» TASK
Reproduce precisely the lines of the listing below, starting with the line that contains "-- ===== src/Script/Text.antt" and stopping after the line that contains "unfoldable pub underscores_between"; include nothing else.

» RECORD EXCERPTS

————

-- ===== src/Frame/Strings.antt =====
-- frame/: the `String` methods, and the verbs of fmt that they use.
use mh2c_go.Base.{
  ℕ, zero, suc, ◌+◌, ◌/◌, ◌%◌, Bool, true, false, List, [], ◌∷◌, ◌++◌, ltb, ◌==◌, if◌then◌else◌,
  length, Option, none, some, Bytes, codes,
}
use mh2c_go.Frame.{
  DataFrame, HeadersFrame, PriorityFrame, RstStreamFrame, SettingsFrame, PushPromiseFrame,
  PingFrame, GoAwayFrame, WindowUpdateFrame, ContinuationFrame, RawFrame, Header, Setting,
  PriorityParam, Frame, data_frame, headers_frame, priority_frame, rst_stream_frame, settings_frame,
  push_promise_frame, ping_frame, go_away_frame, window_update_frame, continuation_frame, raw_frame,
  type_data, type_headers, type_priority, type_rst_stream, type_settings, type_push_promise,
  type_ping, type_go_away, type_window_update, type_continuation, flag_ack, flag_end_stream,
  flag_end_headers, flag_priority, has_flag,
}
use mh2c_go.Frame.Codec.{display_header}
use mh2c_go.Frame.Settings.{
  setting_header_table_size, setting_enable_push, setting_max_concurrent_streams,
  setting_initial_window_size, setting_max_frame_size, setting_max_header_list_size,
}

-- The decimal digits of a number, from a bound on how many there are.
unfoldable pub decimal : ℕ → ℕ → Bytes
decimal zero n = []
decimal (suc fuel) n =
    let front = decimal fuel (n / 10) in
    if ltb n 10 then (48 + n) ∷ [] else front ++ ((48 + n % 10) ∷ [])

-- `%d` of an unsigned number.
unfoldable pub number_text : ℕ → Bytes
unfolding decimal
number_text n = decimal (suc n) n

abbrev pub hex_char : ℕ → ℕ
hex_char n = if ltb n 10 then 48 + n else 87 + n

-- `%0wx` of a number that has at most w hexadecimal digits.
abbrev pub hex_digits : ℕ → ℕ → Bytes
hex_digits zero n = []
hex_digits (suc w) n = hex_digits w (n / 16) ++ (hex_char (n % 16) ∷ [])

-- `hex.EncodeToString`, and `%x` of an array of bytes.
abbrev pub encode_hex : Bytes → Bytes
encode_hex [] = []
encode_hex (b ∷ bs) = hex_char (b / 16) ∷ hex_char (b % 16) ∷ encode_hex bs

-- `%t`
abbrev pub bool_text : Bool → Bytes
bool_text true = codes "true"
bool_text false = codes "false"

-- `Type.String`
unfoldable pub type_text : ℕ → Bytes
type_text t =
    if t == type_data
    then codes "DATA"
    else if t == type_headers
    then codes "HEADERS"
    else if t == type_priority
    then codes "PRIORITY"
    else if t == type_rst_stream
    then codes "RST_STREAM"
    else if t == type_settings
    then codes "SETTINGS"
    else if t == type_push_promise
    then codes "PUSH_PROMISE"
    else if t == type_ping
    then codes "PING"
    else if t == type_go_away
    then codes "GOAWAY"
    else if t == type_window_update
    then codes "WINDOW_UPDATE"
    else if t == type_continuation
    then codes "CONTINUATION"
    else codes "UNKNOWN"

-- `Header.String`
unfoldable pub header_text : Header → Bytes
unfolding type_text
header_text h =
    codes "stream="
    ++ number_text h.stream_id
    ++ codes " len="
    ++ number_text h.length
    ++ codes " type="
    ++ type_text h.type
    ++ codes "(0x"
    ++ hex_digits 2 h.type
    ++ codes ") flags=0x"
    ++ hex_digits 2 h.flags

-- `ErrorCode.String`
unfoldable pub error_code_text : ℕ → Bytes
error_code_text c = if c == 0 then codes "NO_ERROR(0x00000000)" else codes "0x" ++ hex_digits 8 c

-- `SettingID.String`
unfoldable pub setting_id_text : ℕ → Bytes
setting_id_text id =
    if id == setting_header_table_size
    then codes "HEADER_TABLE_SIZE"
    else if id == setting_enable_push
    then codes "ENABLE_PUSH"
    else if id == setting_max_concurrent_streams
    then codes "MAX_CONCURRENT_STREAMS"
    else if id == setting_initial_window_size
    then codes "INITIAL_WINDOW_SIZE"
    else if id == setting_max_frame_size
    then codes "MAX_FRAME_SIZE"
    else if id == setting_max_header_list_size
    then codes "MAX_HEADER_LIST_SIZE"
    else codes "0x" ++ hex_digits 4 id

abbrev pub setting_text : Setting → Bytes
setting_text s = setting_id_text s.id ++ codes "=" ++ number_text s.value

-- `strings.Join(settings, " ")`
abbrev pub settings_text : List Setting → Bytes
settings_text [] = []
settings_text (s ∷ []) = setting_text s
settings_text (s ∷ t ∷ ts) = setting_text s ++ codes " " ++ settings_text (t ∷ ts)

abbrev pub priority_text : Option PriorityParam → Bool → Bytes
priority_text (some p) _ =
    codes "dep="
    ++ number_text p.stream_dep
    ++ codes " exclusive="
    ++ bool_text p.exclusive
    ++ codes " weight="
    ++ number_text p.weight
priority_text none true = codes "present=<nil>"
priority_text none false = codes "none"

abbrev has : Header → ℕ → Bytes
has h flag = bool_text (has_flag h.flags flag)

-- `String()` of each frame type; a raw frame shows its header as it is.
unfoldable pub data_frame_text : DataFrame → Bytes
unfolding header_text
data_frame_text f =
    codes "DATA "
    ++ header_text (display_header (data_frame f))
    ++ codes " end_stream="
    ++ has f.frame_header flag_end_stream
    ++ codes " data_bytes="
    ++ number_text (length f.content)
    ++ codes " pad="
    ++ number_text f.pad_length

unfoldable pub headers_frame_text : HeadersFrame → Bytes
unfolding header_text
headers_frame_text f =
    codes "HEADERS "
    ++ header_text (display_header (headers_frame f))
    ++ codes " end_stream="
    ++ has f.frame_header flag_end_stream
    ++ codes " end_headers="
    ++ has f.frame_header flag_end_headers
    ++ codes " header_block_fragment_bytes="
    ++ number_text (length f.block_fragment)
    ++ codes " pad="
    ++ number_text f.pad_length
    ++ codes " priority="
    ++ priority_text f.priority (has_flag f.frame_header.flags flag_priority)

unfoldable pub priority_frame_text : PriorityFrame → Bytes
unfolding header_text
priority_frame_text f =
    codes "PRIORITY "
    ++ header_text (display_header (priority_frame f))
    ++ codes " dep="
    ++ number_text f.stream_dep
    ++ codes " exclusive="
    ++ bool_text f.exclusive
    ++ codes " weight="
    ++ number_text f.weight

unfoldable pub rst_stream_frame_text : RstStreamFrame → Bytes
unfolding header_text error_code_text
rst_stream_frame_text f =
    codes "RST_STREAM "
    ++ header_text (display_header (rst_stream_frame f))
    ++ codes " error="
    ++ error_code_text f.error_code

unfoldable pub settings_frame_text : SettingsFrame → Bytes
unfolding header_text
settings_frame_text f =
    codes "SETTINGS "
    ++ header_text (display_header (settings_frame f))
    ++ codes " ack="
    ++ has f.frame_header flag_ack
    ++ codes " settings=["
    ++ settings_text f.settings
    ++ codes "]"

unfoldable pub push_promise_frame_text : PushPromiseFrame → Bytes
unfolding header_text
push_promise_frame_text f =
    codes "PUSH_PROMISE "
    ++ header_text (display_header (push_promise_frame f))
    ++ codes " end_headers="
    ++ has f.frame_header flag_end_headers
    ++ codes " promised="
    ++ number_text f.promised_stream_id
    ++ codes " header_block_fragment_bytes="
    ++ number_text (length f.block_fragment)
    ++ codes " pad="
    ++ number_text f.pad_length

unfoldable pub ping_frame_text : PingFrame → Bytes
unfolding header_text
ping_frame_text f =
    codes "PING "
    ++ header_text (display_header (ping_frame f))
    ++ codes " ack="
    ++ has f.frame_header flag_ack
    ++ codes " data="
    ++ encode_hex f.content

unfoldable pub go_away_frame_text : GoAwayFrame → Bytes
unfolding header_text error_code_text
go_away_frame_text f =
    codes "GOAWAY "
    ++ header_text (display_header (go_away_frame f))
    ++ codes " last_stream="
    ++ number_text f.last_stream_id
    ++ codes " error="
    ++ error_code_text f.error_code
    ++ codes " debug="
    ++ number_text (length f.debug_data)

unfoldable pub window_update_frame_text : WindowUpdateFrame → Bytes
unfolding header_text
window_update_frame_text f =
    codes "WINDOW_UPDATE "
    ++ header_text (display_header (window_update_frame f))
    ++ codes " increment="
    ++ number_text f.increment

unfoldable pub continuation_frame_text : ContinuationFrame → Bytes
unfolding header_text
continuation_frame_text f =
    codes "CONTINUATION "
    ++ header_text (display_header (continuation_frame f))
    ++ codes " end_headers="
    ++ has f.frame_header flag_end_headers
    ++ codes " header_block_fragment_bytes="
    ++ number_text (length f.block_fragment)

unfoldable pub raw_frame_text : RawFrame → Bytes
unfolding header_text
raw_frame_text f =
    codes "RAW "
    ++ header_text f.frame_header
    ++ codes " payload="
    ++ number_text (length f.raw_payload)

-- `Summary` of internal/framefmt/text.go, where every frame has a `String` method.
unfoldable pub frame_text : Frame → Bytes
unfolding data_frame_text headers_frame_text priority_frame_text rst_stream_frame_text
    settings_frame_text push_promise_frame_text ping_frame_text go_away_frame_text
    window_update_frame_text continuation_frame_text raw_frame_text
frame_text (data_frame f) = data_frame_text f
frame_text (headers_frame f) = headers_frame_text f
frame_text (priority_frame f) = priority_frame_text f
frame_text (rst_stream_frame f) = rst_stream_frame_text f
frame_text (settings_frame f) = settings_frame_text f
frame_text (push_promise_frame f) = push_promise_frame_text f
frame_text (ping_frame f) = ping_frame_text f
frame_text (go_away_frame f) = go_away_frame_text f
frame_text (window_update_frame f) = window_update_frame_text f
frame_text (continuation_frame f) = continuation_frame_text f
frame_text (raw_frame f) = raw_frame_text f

————

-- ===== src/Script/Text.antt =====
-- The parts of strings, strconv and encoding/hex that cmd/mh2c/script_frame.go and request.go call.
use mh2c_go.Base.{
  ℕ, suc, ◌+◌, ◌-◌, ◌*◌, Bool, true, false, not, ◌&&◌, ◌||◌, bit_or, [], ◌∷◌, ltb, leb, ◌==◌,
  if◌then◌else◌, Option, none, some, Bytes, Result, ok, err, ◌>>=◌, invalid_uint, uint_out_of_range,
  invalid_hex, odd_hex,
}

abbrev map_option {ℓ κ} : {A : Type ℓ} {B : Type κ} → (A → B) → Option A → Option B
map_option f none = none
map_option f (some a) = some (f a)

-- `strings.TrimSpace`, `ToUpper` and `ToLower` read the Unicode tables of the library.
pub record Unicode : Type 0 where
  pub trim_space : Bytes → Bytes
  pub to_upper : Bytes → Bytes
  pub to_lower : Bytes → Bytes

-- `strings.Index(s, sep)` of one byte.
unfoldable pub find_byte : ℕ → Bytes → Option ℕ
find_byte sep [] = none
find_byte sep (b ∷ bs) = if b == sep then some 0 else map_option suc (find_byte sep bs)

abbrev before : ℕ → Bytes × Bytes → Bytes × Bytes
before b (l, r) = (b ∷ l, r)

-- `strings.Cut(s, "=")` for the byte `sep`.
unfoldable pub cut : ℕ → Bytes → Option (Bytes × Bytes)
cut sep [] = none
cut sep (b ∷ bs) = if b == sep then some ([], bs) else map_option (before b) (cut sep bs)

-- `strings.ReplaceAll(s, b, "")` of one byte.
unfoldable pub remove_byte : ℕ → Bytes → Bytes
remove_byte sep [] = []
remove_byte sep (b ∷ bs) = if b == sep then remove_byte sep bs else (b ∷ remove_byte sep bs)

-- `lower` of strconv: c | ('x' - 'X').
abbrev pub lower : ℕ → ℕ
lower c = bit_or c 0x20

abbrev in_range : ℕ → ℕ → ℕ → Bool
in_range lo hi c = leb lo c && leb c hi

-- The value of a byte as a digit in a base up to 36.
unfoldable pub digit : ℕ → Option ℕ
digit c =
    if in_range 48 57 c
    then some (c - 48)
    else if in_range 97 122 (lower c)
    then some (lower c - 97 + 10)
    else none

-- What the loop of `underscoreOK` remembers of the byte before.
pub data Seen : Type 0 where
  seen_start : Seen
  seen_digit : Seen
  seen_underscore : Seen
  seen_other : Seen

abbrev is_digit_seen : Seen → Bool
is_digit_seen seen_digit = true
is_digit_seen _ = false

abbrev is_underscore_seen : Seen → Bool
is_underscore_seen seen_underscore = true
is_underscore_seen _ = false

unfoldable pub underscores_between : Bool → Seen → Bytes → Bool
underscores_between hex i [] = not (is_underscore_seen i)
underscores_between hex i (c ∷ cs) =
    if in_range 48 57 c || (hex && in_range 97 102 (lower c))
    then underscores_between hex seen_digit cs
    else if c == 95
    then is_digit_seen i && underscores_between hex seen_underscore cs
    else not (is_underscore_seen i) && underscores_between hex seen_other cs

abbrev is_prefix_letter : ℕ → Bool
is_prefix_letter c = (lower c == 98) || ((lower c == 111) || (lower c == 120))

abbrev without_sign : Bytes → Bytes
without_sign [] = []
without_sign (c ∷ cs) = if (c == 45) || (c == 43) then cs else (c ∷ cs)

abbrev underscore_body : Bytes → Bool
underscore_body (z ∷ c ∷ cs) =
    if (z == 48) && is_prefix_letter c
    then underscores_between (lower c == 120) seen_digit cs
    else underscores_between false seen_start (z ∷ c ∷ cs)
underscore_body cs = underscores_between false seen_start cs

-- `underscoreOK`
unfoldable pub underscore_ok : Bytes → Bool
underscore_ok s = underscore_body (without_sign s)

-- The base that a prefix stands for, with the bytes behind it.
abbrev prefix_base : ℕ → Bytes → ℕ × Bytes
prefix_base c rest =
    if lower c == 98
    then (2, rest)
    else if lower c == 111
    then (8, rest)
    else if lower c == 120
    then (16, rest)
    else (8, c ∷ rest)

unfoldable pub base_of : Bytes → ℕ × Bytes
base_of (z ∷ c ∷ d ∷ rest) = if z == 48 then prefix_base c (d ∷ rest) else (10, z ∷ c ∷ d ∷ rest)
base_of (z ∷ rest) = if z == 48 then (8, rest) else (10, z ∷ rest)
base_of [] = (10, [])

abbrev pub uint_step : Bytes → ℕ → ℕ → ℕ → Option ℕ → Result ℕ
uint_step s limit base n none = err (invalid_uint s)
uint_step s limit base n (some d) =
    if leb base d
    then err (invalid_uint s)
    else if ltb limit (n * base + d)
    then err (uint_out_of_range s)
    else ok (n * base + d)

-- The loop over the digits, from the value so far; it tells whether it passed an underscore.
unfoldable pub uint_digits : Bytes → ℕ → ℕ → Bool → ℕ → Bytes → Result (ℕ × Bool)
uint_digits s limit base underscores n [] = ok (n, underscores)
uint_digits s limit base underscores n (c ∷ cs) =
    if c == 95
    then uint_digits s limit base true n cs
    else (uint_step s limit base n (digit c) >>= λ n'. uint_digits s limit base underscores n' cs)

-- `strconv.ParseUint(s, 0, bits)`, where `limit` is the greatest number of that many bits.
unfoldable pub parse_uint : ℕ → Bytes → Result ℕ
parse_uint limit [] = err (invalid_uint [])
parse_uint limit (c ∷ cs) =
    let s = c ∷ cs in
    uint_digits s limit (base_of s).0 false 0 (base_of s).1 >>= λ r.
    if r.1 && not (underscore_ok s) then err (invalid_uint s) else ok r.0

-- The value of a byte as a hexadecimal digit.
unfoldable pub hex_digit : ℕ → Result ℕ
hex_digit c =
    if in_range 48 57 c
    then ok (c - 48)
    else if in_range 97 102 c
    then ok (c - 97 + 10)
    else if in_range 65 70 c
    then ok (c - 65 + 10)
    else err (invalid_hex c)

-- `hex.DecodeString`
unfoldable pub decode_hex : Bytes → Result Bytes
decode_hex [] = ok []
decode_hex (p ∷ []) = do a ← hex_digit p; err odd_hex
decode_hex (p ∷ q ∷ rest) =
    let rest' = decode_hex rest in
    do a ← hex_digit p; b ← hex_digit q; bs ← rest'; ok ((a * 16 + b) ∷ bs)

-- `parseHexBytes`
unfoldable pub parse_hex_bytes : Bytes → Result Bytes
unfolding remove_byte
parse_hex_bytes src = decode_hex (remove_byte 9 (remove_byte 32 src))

————

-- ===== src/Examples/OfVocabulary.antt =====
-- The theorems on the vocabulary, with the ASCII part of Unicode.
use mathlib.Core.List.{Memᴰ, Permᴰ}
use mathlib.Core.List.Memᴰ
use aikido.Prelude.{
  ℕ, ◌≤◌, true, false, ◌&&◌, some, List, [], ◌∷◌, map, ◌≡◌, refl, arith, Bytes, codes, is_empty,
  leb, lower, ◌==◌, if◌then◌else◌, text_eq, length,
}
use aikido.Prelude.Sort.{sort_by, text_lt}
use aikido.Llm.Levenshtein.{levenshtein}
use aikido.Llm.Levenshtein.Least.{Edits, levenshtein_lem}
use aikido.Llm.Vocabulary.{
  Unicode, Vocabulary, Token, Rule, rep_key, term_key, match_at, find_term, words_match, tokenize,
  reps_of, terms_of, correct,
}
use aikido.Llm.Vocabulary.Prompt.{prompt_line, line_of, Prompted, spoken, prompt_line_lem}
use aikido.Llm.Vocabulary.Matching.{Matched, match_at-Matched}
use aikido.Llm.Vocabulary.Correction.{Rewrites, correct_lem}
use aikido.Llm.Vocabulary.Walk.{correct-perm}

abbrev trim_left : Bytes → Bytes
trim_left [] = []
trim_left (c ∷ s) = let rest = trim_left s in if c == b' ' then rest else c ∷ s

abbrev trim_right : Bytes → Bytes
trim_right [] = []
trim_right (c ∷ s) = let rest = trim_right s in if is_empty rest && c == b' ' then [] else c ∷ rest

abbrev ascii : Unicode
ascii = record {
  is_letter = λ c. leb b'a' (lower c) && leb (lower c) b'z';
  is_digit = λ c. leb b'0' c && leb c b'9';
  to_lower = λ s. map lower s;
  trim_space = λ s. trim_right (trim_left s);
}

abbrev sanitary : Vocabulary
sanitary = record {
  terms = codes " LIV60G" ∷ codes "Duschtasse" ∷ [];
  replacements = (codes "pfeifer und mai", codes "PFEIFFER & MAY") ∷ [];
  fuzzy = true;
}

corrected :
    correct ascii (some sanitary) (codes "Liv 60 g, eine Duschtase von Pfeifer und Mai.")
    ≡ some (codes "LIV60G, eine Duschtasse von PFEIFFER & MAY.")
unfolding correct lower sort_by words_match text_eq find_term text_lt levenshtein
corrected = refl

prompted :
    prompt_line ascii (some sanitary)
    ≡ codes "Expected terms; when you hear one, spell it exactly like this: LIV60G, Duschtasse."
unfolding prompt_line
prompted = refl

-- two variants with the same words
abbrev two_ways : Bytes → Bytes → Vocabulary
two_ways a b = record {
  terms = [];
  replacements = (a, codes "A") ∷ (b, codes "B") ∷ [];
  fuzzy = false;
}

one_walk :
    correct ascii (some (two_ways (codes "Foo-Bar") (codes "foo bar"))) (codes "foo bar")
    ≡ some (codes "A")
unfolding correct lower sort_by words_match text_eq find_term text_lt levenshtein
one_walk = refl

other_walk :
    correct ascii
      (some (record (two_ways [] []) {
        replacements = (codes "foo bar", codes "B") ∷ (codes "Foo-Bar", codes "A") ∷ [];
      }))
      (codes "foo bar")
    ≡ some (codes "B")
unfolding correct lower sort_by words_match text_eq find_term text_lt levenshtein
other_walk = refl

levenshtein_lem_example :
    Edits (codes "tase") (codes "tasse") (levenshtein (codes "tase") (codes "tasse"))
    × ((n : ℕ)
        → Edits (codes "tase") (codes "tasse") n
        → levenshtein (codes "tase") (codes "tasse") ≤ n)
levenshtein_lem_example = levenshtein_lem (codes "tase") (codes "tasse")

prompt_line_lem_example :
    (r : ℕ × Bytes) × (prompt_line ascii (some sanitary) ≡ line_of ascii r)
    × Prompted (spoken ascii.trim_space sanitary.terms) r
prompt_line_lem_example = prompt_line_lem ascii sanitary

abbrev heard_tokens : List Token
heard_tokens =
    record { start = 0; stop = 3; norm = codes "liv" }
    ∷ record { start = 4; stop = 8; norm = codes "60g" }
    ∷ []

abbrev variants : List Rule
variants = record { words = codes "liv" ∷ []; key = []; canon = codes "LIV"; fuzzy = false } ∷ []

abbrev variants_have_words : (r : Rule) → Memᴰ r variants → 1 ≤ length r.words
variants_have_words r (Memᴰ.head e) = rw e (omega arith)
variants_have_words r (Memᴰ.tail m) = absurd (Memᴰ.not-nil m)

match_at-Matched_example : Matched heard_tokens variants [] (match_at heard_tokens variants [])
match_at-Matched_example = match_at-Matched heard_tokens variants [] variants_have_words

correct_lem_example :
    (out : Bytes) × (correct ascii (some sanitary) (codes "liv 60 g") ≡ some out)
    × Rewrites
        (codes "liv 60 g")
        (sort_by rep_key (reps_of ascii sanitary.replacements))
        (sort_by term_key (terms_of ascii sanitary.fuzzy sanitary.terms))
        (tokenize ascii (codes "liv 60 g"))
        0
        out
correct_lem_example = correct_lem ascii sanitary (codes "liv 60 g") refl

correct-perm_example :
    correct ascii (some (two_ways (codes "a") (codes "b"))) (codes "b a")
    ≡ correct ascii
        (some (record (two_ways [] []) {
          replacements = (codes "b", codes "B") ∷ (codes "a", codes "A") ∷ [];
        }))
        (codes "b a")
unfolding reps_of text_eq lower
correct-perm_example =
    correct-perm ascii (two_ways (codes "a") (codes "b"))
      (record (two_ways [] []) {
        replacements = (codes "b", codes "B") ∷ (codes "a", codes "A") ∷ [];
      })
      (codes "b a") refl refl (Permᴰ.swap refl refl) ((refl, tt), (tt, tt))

————

» PROBLEM SOLUTION
-- ===== src/Script/Text.antt =====
-- The parts of strings, strconv and encoding/hex that cmd/mh2c/script_frame.go and request.go call.
use mh2c_go.Base.{
  ℕ, suc, ◌+◌, ◌-◌, ◌*◌, Bool, true, false, not, ◌&&◌, ◌||◌, bit_or, [], ◌∷◌, ltb, leb, ◌==◌,
  if◌then◌else◌, Option, none, some, Bytes, Result, ok, err, ◌>>=◌, invalid_uint, uint_out_of_range,
  invalid_hex, odd_hex,
}

abbrev map_option {ℓ κ} : {A : Type ℓ} {B : Type κ} → (A → B) → Option A → Option B
map_option f none = none
map_option f (some a) = some (f a)

-- `strings.TrimSpace`, `ToUpper` and `ToLower` read the Unicode tables of the library.
pub record Unicode : Type 0 where
  pub trim_space : Bytes → Bytes
  pub to_upper : Bytes → Bytes
  pub to_lower : Bytes → Bytes

-- `strings.Index(s, sep)` of one byte.
unfoldable pub find_byte : ℕ → Bytes → Option ℕ
find_byte sep [] = none
find_byte sep (b ∷ bs) = if b == sep then some 0 else map_option suc (find_byte sep bs)

abbrev before : ℕ → Bytes × Bytes → Bytes × Bytes
before b (l, r) = (b ∷ l, r)

-- `strings.Cut(s, "=")` for the byte `sep`.
unfoldable pub cut : ℕ → Bytes → Option (Bytes × Bytes)
cut sep [] = none
cut sep (b ∷ bs) = if b == sep then some ([], bs) else map_option (before b) (cut sep bs)

-- `strings.ReplaceAll(s, b, "")` of one byte.
unfoldable pub remove_byte : ℕ → Bytes → Bytes
remove_byte sep [] = []
remove_byte sep (b ∷ bs) = if b == sep then remove_byte sep bs else (b ∷ remove_byte sep bs)

-- `lower` of strconv: c | ('x' - 'X').
abbrev pub lower : ℕ → ℕ
lower c = bit_or c 0x20

abbrev in_range : ℕ → ℕ → ℕ → Bool
in_range lo hi c = leb lo c && leb c hi

-- The value of a byte as a digit in a base up to 36.
unfoldable pub digit : ℕ → Option ℕ
digit c =
    if in_range 48 57 c
    then some (c - 48)
    else if in_range 97 122 (lower c)
    then some (lower c - 97 + 10)
    else none

-- What the loop of `underscoreOK` remembers of the byte before.
pub data Seen : Type 0 where
  seen_start : Seen
  seen_digit : Seen
  seen_underscore : Seen
  seen_other : Seen

abbrev is_digit_seen : Seen → Bool
is_digit_seen seen_digit = true
is_digit_seen _ = false

abbrev is_underscore_seen : Seen → Bool
is_underscore_seen seen_underscore = true
is_underscore_seen _ = false

unfoldable pub underscores_between : Bool → Seen → Bytes → Bool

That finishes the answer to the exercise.